# LOWES plant clearance



## house06 (Jan 4, 2007)

Someone mentioned think maybe WG the plant clearance section at Lowes. Finally remembered to check today. Got 2 red pear tomato plants .75 cents each and a 18pk flat of petunias for 3.00. 

Our store had 50% off clearance stickers. Am going back to look at perrennials tomorrow. Hope your store is offering the same deal......


----------



## Danaus29 (Sep 12, 2005)

I got a fig that supposedly is hardy here, a grape and 2 blueberries. Asked dh how I'm going to plant these with my digging foot broke. He volunteered our ds. Now I have to figure out where I want the fig and grape.


----------



## frankva (May 21, 2009)

I wouldn't take a plant from Lowes if they paid me to take it.

Just me. Buyer beware no matter where you get them.


----------



## geo in mi (Nov 14, 2008)

I would look 'em over really good. At my Lowe's, those containers have been sitting out there on the hot asphalt for over a month now, with minimum wage workers in charge of watering them(you don't know how many times they have been revived), and customers have already chosen the good ones in the batch. You might find some sleepers, though....

geo


----------



## Pelenaka (Jul 27, 2007)

It is what it is so I wouldn't buy a plant on discount if I was really depending on it.
I got a bunch of French Marigolds 4 pack for 33 cents each two weeks ago. The 3 flats or marigolds I planted didn't sprout so I was in need.

Last year I bought two Kiwi plants for $7 each & repotted them in good soil with bunny poop, egg shells, & bone meal. They're full & green and hopefully were labeled correctly as a male & female. I'll plant them next year after I have fully composted the holes they will be placed in.

~~ pelenaka ~~


----------



## Danaus29 (Sep 12, 2005)

Ours don't sit on asphalt, they are in a graveled section which has shade cloth draped over it and plants are watered regularly, on a daily basis from what I have seen. My Lowes clearance pansies from early this spring are still blooming. 

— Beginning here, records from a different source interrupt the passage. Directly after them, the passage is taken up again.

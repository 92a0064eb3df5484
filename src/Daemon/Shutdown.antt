-- ===== src/Daemon/Shutdown.antt =====
-- supervisord.cpp, `run`: the end of the event loop behind a call of `shutdown`.
use supervisorcpp.Prelude.{
  ℕ, suc, ◌++◌, true, false, List, Option, Bytes, codes, bytes_eq, ◌≡◌, refl, sym, subst, ◌∙◌,
  arith, inr,
}
use mathlib.Core.List.{Memᴰ}
use supervisorcpp.PropertyTree.{PropertyTree}
use supervisorcpp.Config.Types.{Configuration}
use supervisorcpp.Manager.Table.{Os}
use supervisorcpp.Manager.Loop.{has_running_processes}
use supervisorcpp.Manager.Control.{LogFiles}
use supervisorcpp.Rpc.Server.{Reply, dispatch_method, find_handler, register_handler}
use supervisorcpp.Rpc.Handlers.{Replying, register_process_handlers}
use supervisorcpp.Daemon.{Supervisord}
use supervisorcpp.Daemon.Handlers.{register_rpc_handlers, shutdown_handler, on_managers}
use supervisorcpp.Daemon.Run.{Occurrence, turns_to_posted, event_loop}
use supervisorcpp.Daemon.Ending.{event_loop-IsQuiet, event_loop-IsDone, event_loop-append}

module _ (t : PropertyTree) (os : Os) (files : ℕ → LogFiles) (pid : ℕ) where
  shutdown-handled :
      (parse : Bytes → Option Configuration) (r : Replying) (params : List Bytes) (d : Supervisord)
      → dispatch_method
          (register_rpc_handlers parse os files pid r)
          (codes "supervisor.shutdown")
          params
          d
        ≡ shutdown_handler r params d
  unfolding dispatch_method find_handler register_handler register_rpc_handlers bytes_eq
      register_process_handlers on_managers
  shutdown-handled parse r params d = refl

  -- Once the call `supervisor.shutdown` was answered, in a loop that was not told to stop before, and
  -- the loop comes to the task that the call posted and returns, so that no exception leaves it: it was
  -- told to stop, whatever else happened, no process of the table has a child that is tracked, and
  -- whatever would happen afterwards changes nothing. A child that a start in STOPPING replaced is not
  -- tracked.
  pub event_loop-shutdown :
      (parse : Bytes → Option Configuration) (r : Replying) (params : List Bytes)
      (l more : List Occurrence) (d : Supervisord)
      → d.is_over ≡ false
      → Memᴰ turns_to_posted l
      → (let called =
            (dispatch_method
              (register_rpc_handlers parse os files pid r)
              (codes "supervisor.shutdown")
              params
              d).0 in
          (event_loop t os files pid l called).1 ≡ true)
      → let called =
          (dispatch_method
            (register_rpc_handlers parse os files pid r)
            (codes "supervisor.shutdown")
            params
            d).0 in
        let ended = (event_loop t os files pid l called).0 in
        (ended.is_over ≡ true)
        × (has_running_processes ended.process_manager.process_map ≡ false)
        × (event_loop t os files pid (l ++ more) called ≡ event_loop t os files pid l called)
  unfolding shutdown_handler
  event_loop-shutdown parse r params l more d on later =
      subst
        (λ (y : Supervisord × Reply).
          (event_loop t os files pid l y.0).1 ≡ true
          → let ended = (event_loop t os files pid l y.0).0 in
            (ended.is_over ≡ true)
            × (has_running_processes ended.process_manager.process_map ≡ false)
            × (event_loop t os files pid (l ++ more) y.0 ≡ event_loop t os files pid l y.0))
        (sym (shutdown-handled parse r params d))
        (λ returned.
          let posted = record d { posted = suc d.posted } in
          let over = event_loop-IsDone t os files pid l posted later (inr (omega arith)) returned in
          (
            over,
            event_loop-IsQuiet t os files pid l posted (λ o. absurd (cc (sym on ∙ o))) over,
            event_loop-append t os files pid l more posted over,
          ))
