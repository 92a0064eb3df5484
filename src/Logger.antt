-- ===== src/Logger.antt =====
-- supervisor-lib/src/logger.
pub mod Levels
pub mod Sinks
pub mod Names
pub mod Writer
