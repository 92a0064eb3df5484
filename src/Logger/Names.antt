-- ===== src/Logger/Names.antt =====
-- log_levels.cpp: the names of the levels, as they are printed and read.
use supervisorcpp.Prelude.{Bytes, codes, lower, bytes_eq, ◌≡◌, refl}
use supervisorcpp.Util.Secure.{valid}
use supervisorcpp.Config.Types.{LogLevel, trace, debug, info, warn, error, ignore}
use supervisorcpp.Config.Values.{parse_log_level}

-- `operator<<`; a value outside of the enumeration is no level.
unfoldable pub level_name : LogLevel → Bytes
level_name trace = codes "trace"
level_name debug = codes "debug"
level_name info = codes "info"
level_name warn = codes "warn"
level_name error = codes "error"
level_name ignore = codes "ignore"

-- What is printed of a level is read as it.
parse_log_level-level_name : (level : LogLevel) → parse_log_level (level_name level) ≡ valid level
unfolding parse_log_level level_name lower bytes_eq
parse_log_level-level_name trace = refl
parse_log_level-level_name debug = refl
parse_log_level-level_name info = refl
parse_log_level-level_name warn = refl
parse_log_level-level_name error = refl
parse_log_level-level_name ignore = refl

I have lost a few of the clearanced items I've bought, mainly due to neglect on my part. I got my red lake currants on clearance but put them in the wrong spot. Moved them to the woods last fall and they are HUGE now with little berries forming. The gooseberries are looking great, the onions all came up except a couple that I knew were dead before planting. Both of my purple smoke bushes are lovely, the old one is 10 feet wide and 10 feet across.

I do occasionally buy plants at full regular price. The clearance ones are impulse buys that I bring home and try to find a spot for. All of my full priced butterfly bushes have died. One of the clearance ones died only because dh accidentally tilled it, the others look great and have survived for 4 years.


----------



## po boy (Jul 12, 2010)

I have bought a ton of plants from Lowes clearance section.

Tons of Gerber annual Daises that come back every year. Bunch of dianthus annual that comes back every year, black and blue saliva that comes back every year. Just bought 3 trays of impatiens and one tray of begonia at $3 each. Only ones I lot are the ones the squirrels and robins dig up! Some stuff is too far gone, don't buy it!


----------



## Callieslamb (Feb 27, 2007)

I bought asiatic lilies that had already bloomed for $1 a 1/2 gallon pot. Coreopsis perennials same size/same price. They had a ton of calla lilies and off-colored irises, but I didn't take any of those.


----------



## salmonslayer91 (Oct 10, 2010)

sometimes you can get a totally dead plant in a rather large pot and it may be worth is 90percent off just for the dirt!


----------



## Danaus29 (Sep 12, 2005)

salmonslayer91 said:


> sometimes you can get a totally dead plant in a rather large pot and it may be worth is 90percent off just for the dirt!


Or the pot!


----------



## salmonslayer91 (Oct 10, 2010)

indeed!!!


----------



## willow_girl (Dec 7, 2002)

I buy tons of stuff off Lowe's clearance racks. I'd estimate 95 percent has survived. Each store seems to have its own policy for culling plants. The one I usually go to will mark down anything that isn't actively blooming. I've bought flats of healthy annuals full of buds for $2-3. Like Po Boy, I've had good luck with the "annual" dianthus returning. 

It's a bit of a crapshoot since you never known what will be on sale! If I don't have a place for something at the moment, I'll stick it in one of my raised beds until I find a way to work it in somewhere.


----------



## Paquebot (May 10, 2002)

I have a major complaint with everything that Lowe's sells, gardening or otherwise. The closest is about 40 miles away! 

Martin


----------



## Danaus29 (Sep 12, 2005)

You could have my problem. There are 4 stores I regularly visit that have gardening sections. Every time I go to those stores I visit the garden section and spend more than I should on plants for which I have no room.


----------



## rabbitpatch (Jan 14, 2008)

One plus for buying plants from Lowe's is their plant guarantee. You have to save your receipt, but if the plant dies in less than a year, you can return it for a full refund or replacement. I had to return a couple of shrubs once and they asked no questions. Just checked the receipt and gave me my money back. My mom returned a dogwood tree that she bought one spring. It died sometime over the winter so when it didn't leaf out the next spring, she took it back and they replaced it with no fuss at all.


----------



## partndn (Jun 18, 2009)

I'm working at the greenhouse that supplies all the Lowes.
Today, all workers get to take home 4 flats.
No veggies, just flowers.


----------



## farmerstac (Mar 16, 2005)

I have good luck with Lowes clearance items. Even if the item dies the basket is worth the dime I spent for it. If it survives then its regrown and repoted and placed on craigslist. I bought 8 crape mytrles for a buck a piece stuck them in the ground over winter and just sold them for $20.00 a piece. Even after I figure my time digging, watering and fertlizing I still made a decent profit. My biggest problem is Lowes is 15 miles away and I just cann't make it there as much as I would like too.

Stacy


----------